Будущее? Где ты? Ау! Будущее осталось в прошлом. В таком любезном сердцу и таком непостижимо далеком, когда забиралась вечером на высокую родительскую постель, украшенную медными шариками, втираясь между папой и мамой, и чувствовала, как жесткая папина ладонь гладит по спинке, а ты засыпаешь сладким сном, как у Христа за пазухой… В родном доме, в теплой постели. Господи, почему все так мимолетно и так непрочно? Век человеческий проходит, как утренняя роса на траве высыхает… и даже быстрее. Жизнь вспоминается как мираж. Иногда – как страшноватый сон. Златокудрая малышка, носик кнопочкой, еще нет и четырех, прижалась к маме, уткнулась личиком в живот, глаза испуганные как у мышонка, попавшего в ловушку. Страшно ведь сидеть на дне этой ямы. Страшно и тесно – как в могиле. Выбраться бы поскорей отсюда, вернуться в теплый родной дом, уютно скрипящий половицами, но нельзя – там, наверху случилась большая беда. Там грохочет адский оркестр – революция, а с ней и война докатились до порога родного дома. Тяжкий дробный перестук пулеметов то и дело перебивает винтовочный треск, слышен змеиный посвист шальных пуль. Время от времени громогласно вступает пушечная секция, предваряя нарастающий злобный вой и чудовищной силы удары, от которых сотрясается земля и осыпаются стенки ямы… Будто бьет молотом по городу как по наковальне разгневанный на людей небесный кузнец, каждым ударом высекая новые искры, поднимая новые пожары. Изо всех укрывшихся в яме спокоен один дядя Василий. Знай себе – варит кашу на костерке. Костерок наверху, возле ямы. Ведь кушать хочется и в войну, и в революцию. То и дело высовывается и помешивает ложкой в котелке, чтобы каша не подгорела. А малышка прижимается к маме еще крепче. Пусть прилетают огнедышащие драконы и по-змеиному зло свистят железные осы – с мамой не страшно…
– Feuer!
Замковые части орудий по очереди дергаются, выплевывая большие раскаленные гильзы. Снаряды уходят по дуге вниз, на другой берег русской реки с малопонятным названием Kotorosl, и через долю секунды взметаются новыми языками огня, хватая из воздуха мечущихся в панике, окончательно спятивших от огня и черного дыма птиц.

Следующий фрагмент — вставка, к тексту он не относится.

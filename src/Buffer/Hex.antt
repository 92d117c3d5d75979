-- ===== src/Buffer/Hex.antt =====
-- `TecBuffer_as_hex`: a buffer that shows the bytes of another, two characters each.
use tecc.Base.{
  ℕ, zero, suc, ◌+◌, ◌-◌, ◌*◌, ◌/◌, ◌%◌, Bool, true, false, ◌&&◌, List, [], ◌∷◌, ltb, ◌==◌,
  if◌then◌else◌, u64,
}
use tecc.Base.Int.{ℤ, pos, negsuc, sub_ℕ}
use tecc.Base.Run.{Run, ok, fault, ◌>>=◌}
use tecc.Buffer.Bytes.{memcpy, peek}
use tecc.Buffer.Defs.{Buffer, Env, ensure_capacity, init}

-- "0123456789ABCDEF", with its null byte.
abbrev pub table : List ℕ
table = 48 ∷ 49 ∷ 50 ∷ 51 ∷ 52 ∷ 53 ∷ 54 ∷ 55 ∷ 56 ∷ 57 ∷ 65 ∷ 66 ∷ 67 ∷ 68 ∷ 69 ∷ 70 ∷ 0 ∷ []

unfoldable pub byte_at : List ℕ → ℕ → Run ℕ
byte_at [] i = fault
byte_at (x ∷ xs) zero = ok x
byte_at (x ∷ xs) (suc i) = byte_at xs i

-- The value of a byte as a `char`, which is signed on some platforms.
unfoldable pub char_value : Bool → ℕ → ℤ
char_value true c = if ltb c 128 then pos c else sub_ℕ c 256
char_value false c = pos c

-- A negative `ch` is shifted to a negative index of the table.
unfoldable pub to_hex_chars : ℤ → Run (ℕ × ℕ)
to_hex_chars (negsuc n) = fault
to_hex_chars (pos ch) =
    if ltb 0x20 ch && ltb ch 0x7f
    then ok (b' ', ch)
    else do high ← byte_at table (ch / 16); low ← byte_at table (ch % 16); ok (high, low)

-- The loop over the source's bytes, with the block written and the position in it.
unfoldable pub hex_loop : Bool → List ℕ → List ℕ → ℕ → Run (List ℕ × ℕ)
hex_loop signed [] block p = ok (block, p)
hex_loop signed (c ∷ cs) block p = do
  (high, low) ← to_hex_chars (char_value signed c)
  block' ← memcpy block p (high ∷ [])
  block'' ← memcpy block' (p + 1) (low ∷ [])
  hex_loop signed cs block'' (p + 2)

abbrev pub hex_buffer_block_size : ℕ
hex_buffer_block_size = 256

-- The text of the `len` bytes of `src` from `start` on, in `dst`.
unfoldable pub hex_fill : Env → Bool → Buffer → ℕ → ℕ → Buffer → Run Buffer
hex_fill env signed src start len dst = do
  let size = u64 (u64 (len * 2) + 1)
  let sized : Buffer = record dst {
    block_size = u64 (size / hex_buffer_block_size * hex_buffer_block_size + hex_buffer_block_size);
  }
  grown ← ensure_capacity env sized 0 size
  from ← peek src.contents start len
  (block, p) ← hex_loop signed from grown.contents 0
  ended ← memcpy block p (0 ∷ [])
  ok (record grown { contents = ended; size = p; pos = p })

-- Negative starts count as 0.
abbrev pub start_of : ℤ → ℕ
start_of (pos n) = n
start_of (negsuc n) = 0

-- `len` bytes, or all if it is 0, but not past the end of the source.
unfoldable pub hex_length : Buffer → ℕ → ℕ → ℕ
hex_length src start len =
    let wanted = if len == 0 then src.size else len in
    if ltb src.size (u64 (start + wanted)) then src.size - start else wanted

unfoldable pub as_hex : Env → Bool → Buffer → ℤ → ℕ → Run Buffer
as_hex env signed src start len = do
  dst ← init env 0 hex_buffer_block_size
  if src.size == 0
      then ok dst
      else if ltb src.size (start_of start)
      then ok dst
      else hex_fill env signed src (start_of start) (hex_length src (start_of start) len) dst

Расчет знает дело – за плечами война. Казалось, что за плечами, ан – снова перед тобой. Неохота умирать в этой русской глуши. Душа тоскует по Vaterland. Следует признать, – красив был русский городок, уютен. Город-сад, белый от обилия церквей. Богомольем город взял, говорите? Не взял. Расцветает белый богомольный край новыми цветами – алыми да черными.
– Feuer! Feuer!
Девочка сидит на дне ямы, выкопанной папой, а ее прекрасный город почернел дымами, покраснел пожарами, переливается всеми цветами смерти – гибнет. Скоро от белого города останется пепелище, только трубы печные торчат – черные, обугленные. Заканчивается большая война – мировая. Начинается новая – местная, русская. Такая же безжалостная, но с привычной русской придурью – с матерком и пьяной гульбой. Веселая, разноцветная, поначалу похожая на нелепую игрушечную, в солдатиков и матросиков – белые, красные, зеленые, серо-буро-малиновые… А потом – с каждым днем все яснее и яснее – обыкновенная, черно-белая, со зловещим кровавым отсветом… и совсем не игрушечная. Но без немцев и на русской войне не обошлось. Отличные вояки – храбрые, дисциплинированные, умелые. Действуют по военной науке: разбили центр города на сектора и методично обрабатывают квадрат за квадратом.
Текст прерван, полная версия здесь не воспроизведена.